* _EXERCISE OBJECTIVE_
From the records below, count the lines holding the string "cases". Only the number is wanted.

::: SOURCE INFORMATION :::

-- ===== src/Reconcile/Examples.antt =====
-- The scan at one stranded payment that Paystack reports as paid.
use meduman_backend.Prelude.{ℕ, ◌≤◌, ◌≡◌, refl, ◌⊎◌, true, none, some, [], ◌∷◌}
use meduman_backend.Prelude.Int.{pos}
use meduman_backend.Store.Enums.{payment_pending, PaymentStatus, same_status}
use meduman_backend.Store.Rows.{Payment}
use meduman_backend.Store.World.{World}
use meduman_backend.Store.Table.{find_first, find_many, count, update_many}
use meduman_backend.Store.Action.{ok, result_of}
use meduman_backend.Store.Sample.{with_sale}
use meduman_backend.Machine.{transition}
use meduman_backend.Outbound.{record_for_transition, dispatch}
use meduman_backend.Transactions.{context_of, commit, apply}
use meduman_backend.Paystack.{unreachable, envelope, Provider, request, verify_transaction}
use meduman_backend.Invoices.Lifecycle.{write_audit, mark_paid_by_transaction}
use meduman_backend.Payments.{
  notify_protected, protect_payment, act_on_charge, verify_and_protect_payment, reconcile_payment,
}
use meduman_backend.Reconcile.{reconcile_one, reconcile_all, reconcile_pending}
use meduman_backend.Reconcile.Laws.{taken, VerifiedOf, reconcile_pending_lem}

abbrev paid_provider : Provider
paid_provider = record {
  post_transfer = λ ts r. unreachable;
  get_transfer = λ ts r. unreachable;
  get_charge =
      λ r. envelope true true none (some (record { status = "success"; amount = pos 5100 }));
  post_charge = λ e a r. unreachable;
  post_customer = λ e. unreachable;
  post_dedicated_account = λ c. unreachable;
}

abbrev stranded_payment : Payment
stranded_payment = record {
  id = "p1";
  transaction_id = "t1";
  provider_reference = "mdn_1";
  provider_charge_reference = none;
  provider_customer_code = none;
  provider_dedicated_account_id = none;
  virtual_account_number = none;
  virtual_account_bank = none;
  amount = pos 5100;
  currency = "NGN";
  status = PaymentStatus.pending;
  verified_at = none;
  created_at = 0;
}

abbrev stranded_sale : World
stranded_sale = record (with_sale payment_pending) { payments = stranded_payment ∷ [] }

reconciled : result_of (reconcile_pending paid_provider 900 1000) stranded_sale ≡ ok (1, 1)
unfolding reconcile_pending reconcile_all reconcile_one reconcile_payment verify_and_protect_payment
    verify_transaction act_on_charge protect_payment mark_paid_by_transaction notify_protected
    request find_first find_many apply commit transition count same_status record_for_transition
    update_many context_of write_audit dispatch
reconciled = refl

reconcile_pending_lem_example :
    (checked protected_count : ℕ) × (w' : World) × (reconcile_pending paid_provider 900 1000
        stranded_sale
      ≡ (ok (checked, protected_count), w'))
    × (protected_count ≤ checked)
    × (checked ≤ 100)
    × (VerifiedOf paid_provider (taken 900 1000 stranded_sale) stranded_sale
        ⊎ ((w'.transactions ≡ stranded_sale.transactions) × (w'.timeline ≡ stranded_sale.timeline)))
reconcile_pending_lem_example = reconcile_pending_lem paid_provider 900 1000 stranded_sale
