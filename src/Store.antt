-- ===== src/Store.antt =====
-- The database and the queue, as the state that a request reads and writes. `Enums` and `Rows` are
-- prisma/schema.prisma, `World` is the state, `Table` the queries, `Action` a method of a service.
pub mod Enums
pub mod Rows
pub mod ChatRows
pub mod MerchantRows
pub mod World
pub mod Table
pub mod Action
pub mod Sample
pub mod Keeps
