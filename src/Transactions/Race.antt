-- ===== src/Transactions/Race.antt =====
-- Two requests at once, in `apply` of transactions.service.ts: each reads the row and asks the machine
-- before either writes. The conditional update is the only thing between them.
use meduman_backend.Prelude.{
  Bool-cases, concat, String, ◌≡◌, ap, ◌≢◌, inl, inr, Option, some, List, [], ◌∷◌, arith,
}
use meduman_backend.Store.Enums.{TransactionStatus, same_status, same_status→eq}
use meduman_backend.Store.Rows.{Transaction}
use meduman_backend.Store.World.{World}
use meduman_backend.Store.Table.{find_first, count, update_many, count-update_many_zero}
use meduman_backend.Store.Action.{
  illegal_transition, transition_rejected, ok, err, transact, world_after, result_of,
}
use meduman_backend.Machine.{accept}
use meduman_backend.Transactions.{ApplyTransitionInput, has_id, in_state, move_to, commit}
use meduman_backend.Transactions.Apply.{verdict, wrote, commit_lem}

clear_state :
    (id : String) (s next : TransactionStatus) (xs : List Transaction)
    → next ≢ s
    → count (in_state id s) (update_many (in_state id s) (move_to next) xs) ≡ 0
clear_state id s next xs moved = count-update_many_zero (in_state id s) (move_to next) xs (λ a h.
    elim (Bool-cases (same_status next s)) [
      | inl same ↦ absurd (moved (same_status→eq next s same))
      | inr differs ↦ ground arith
    ])

-- A decision taken on a row that has since left the state that was read writes nothing.
pub stale_commit_refused :
    (input : ApplyTransitionInput) (tx : Transaction) (next : TransactionStatus) (w : World)
    → count (in_state input.transaction_id tx.status) w.transactions ≡ 0
    → transact (commit input tx next) w ≡ (
      err (
          transition_rejected illegal_transition
            (concat ("Transaction " ∷ input.transaction_id ∷ " changed state concurrently" ∷ []))),
      w,
    )
unfolding commit
stale_commit_refused input tx next w none_left = rw (none_left, transact)

-- Of two requests that read the same row and were both allowed, whatever their events, only one can
-- commit, provided that it changes the status: the second is refused as changed concurrently and
-- leaves the world as the first left it.
pub race_one_winner :
    (first second : ApplyTransitionInput) (w : World) (tx : Transaction)
    (next next' : TransactionStatus)
    → first.transaction_id ≡ second.transaction_id
    → find_first (has_id first.transaction_id) w.transactions ≡ some tx
    → verdict first w tx ≡ accept next
    → next ≢ tx.status
    → count (in_state first.transaction_id tx.status) w.transactions ≡ 1
    → let w' = world_after (commit first tx next) w in
      ((row : Transaction × Option String) × (result_of (commit first tx next) w ≡ ok row))
      × (transact (commit second tx next') w' ≡ (
        err (
            transition_rejected illegal_transition (
              concat
                ("Transaction " ∷ second.transaction_id ∷ " changed state concurrently" ∷ []))),
        w',
      ))
race_one_winner first second w tx next next' same found allowed moved one =
    let (o, outbound, drawn, e) = commit_lem first w tx next found allowed one in
    (
      ((move_to next tx, o), ap (λ p. p.0) e),
      rw (e, world_after)
          (stale_commit_refused second tx next'
            (record (wrote first tx next w) { outbound = outbound; drawn = drawn })
            (rw (← same) (clear_state first.transaction_id tx.status next w.transactions moved))),
    )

:::

* _SOLUTION BELOW_
2